__EXERCISE GOAL__
When you reach the line that contains "All-snoc P (y" in the data below, start reproducing lines exactly, and stop after the line that contains "elim (Bool-cases (ltb (length block) (offset".

*** Opening of MATERIAL SHOWN ***

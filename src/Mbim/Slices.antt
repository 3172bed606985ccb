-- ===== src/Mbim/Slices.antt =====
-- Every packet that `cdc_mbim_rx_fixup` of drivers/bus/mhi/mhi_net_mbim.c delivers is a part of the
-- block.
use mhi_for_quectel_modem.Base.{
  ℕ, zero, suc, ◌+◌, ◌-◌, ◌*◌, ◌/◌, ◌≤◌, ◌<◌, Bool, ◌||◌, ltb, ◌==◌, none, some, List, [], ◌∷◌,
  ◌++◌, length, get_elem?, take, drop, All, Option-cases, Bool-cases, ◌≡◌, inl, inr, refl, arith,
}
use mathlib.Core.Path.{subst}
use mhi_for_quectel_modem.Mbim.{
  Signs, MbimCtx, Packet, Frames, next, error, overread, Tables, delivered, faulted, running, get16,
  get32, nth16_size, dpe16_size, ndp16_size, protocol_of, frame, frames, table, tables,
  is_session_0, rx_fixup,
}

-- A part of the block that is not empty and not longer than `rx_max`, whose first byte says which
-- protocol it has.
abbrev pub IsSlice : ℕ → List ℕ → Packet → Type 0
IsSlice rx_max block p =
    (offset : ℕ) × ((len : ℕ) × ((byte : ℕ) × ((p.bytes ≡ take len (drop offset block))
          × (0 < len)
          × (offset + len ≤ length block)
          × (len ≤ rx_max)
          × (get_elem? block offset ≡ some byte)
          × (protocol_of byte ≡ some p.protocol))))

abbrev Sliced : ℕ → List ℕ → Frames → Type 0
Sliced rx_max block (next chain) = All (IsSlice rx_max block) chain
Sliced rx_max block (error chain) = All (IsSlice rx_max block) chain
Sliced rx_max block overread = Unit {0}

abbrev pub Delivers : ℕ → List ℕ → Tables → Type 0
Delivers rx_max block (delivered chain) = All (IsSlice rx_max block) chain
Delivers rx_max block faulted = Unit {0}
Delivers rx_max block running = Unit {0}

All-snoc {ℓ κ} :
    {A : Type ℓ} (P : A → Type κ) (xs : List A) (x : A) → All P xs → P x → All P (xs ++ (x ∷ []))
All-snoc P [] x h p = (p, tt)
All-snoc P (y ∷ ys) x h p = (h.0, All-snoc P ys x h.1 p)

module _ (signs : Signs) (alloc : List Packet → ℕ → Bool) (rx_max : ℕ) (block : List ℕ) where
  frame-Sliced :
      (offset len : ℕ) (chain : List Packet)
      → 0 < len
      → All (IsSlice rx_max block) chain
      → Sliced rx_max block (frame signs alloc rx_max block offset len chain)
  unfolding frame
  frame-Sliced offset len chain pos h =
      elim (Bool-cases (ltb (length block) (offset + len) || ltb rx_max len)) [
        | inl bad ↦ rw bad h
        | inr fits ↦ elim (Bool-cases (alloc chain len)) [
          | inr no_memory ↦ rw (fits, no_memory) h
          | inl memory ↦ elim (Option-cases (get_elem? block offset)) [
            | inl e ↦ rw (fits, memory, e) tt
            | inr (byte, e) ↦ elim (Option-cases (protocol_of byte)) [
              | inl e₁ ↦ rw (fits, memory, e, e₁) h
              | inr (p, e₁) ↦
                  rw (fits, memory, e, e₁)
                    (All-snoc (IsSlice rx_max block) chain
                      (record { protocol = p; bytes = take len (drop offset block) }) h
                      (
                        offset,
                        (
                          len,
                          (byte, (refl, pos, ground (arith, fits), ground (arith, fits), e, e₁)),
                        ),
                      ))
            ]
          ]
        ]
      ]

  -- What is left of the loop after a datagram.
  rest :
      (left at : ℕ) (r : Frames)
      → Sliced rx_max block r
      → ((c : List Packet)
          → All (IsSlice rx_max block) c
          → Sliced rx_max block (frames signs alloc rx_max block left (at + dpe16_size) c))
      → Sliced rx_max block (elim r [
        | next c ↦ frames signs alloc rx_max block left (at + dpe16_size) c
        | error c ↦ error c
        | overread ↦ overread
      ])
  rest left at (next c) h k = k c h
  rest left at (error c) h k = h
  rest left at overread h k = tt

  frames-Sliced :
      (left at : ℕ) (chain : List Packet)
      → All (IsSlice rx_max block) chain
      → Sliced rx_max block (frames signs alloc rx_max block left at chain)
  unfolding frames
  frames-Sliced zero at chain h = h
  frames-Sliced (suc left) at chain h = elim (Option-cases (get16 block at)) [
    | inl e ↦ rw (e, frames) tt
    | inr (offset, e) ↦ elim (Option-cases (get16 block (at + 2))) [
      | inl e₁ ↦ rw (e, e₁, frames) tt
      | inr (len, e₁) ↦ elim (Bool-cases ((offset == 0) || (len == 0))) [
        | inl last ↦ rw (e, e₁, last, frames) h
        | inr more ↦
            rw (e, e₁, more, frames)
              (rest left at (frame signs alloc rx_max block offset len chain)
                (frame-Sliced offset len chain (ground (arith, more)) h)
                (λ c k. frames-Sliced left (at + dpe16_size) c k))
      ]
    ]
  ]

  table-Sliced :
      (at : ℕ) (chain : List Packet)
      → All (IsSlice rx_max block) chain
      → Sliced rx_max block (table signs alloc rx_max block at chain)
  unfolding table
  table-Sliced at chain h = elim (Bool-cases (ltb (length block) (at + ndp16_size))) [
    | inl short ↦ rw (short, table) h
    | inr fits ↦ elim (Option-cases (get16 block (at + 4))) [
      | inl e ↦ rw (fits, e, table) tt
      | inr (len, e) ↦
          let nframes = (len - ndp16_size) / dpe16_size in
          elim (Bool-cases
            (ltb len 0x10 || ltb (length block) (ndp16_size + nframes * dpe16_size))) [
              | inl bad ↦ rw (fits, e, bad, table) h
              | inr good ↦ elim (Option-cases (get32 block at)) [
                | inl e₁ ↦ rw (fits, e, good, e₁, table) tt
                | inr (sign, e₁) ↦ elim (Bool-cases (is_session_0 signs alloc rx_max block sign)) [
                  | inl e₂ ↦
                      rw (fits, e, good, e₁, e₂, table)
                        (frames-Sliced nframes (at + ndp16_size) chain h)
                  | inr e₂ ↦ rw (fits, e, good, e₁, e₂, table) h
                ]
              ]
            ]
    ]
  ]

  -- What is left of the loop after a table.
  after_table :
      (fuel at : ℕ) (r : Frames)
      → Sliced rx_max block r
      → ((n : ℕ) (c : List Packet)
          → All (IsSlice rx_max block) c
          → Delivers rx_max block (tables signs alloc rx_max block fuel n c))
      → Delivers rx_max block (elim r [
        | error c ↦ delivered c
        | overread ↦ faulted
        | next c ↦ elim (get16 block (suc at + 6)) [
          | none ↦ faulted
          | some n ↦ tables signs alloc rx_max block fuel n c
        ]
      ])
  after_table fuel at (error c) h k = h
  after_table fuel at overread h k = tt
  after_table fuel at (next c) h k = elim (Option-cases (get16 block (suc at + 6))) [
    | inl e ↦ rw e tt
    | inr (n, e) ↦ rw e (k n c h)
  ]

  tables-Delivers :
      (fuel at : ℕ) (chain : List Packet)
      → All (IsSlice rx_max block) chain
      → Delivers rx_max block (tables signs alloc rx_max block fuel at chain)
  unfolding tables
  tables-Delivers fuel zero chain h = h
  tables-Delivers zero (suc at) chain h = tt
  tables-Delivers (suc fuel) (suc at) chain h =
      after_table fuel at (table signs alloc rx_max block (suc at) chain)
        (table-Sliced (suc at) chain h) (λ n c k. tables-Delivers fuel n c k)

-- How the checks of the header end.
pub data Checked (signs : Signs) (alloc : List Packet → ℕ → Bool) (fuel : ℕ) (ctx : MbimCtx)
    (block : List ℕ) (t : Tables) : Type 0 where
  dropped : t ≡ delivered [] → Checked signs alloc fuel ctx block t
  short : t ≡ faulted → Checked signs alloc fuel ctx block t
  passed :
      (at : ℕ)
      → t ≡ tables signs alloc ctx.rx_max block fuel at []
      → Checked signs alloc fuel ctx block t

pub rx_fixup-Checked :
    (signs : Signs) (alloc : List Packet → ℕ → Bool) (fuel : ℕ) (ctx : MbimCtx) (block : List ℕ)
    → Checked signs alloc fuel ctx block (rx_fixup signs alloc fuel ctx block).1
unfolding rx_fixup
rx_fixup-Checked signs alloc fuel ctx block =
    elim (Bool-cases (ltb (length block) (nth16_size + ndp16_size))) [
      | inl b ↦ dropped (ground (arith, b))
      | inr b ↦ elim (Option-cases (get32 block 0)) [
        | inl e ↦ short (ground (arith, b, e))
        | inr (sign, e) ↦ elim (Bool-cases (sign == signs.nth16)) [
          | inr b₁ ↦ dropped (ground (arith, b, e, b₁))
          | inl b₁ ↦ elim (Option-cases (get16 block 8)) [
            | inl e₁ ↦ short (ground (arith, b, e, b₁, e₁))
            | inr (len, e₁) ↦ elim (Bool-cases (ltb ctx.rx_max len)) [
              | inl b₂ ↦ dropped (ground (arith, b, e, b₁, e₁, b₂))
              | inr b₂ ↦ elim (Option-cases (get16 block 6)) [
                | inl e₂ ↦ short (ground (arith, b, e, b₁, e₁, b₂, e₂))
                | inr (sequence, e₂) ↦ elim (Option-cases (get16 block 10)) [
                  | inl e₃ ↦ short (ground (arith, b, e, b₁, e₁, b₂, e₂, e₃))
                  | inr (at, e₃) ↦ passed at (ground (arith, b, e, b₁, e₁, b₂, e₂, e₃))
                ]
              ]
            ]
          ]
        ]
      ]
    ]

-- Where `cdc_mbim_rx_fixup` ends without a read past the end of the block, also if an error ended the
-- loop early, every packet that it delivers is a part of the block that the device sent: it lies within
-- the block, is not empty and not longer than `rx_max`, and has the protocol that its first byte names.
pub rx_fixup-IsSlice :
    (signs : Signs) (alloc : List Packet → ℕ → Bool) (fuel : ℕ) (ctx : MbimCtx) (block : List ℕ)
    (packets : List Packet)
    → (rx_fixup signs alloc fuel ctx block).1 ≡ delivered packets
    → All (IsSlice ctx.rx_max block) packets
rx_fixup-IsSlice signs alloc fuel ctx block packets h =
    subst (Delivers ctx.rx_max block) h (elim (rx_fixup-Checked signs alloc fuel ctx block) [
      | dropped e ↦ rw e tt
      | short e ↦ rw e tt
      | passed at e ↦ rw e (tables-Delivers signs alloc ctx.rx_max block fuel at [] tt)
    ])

*** Close of MATERIAL SHOWN ***

__YOUR SOLUTION__
All-snoc P (y ∷ ys) x h p = (h.0, All-snoc P ys x h.1 p)

module _ (signs : Signs) (alloc : List Packet → ℕ → Bool) (rx_max : ℕ) (block : List ℕ) where
  frame-Sliced :
      (offset len : ℕ) (chain : List Packet)
      → 0 < len
      → All (IsSlice rx_max block) chain
      → Sliced rx_max block (frame signs alloc rx_max block offset len chain)
  unfolding frame
  frame-Sliced offset len chain pos h =
      elim (Bool-cases (ltb (length block) (offset + len) || ltb rx_max len)) [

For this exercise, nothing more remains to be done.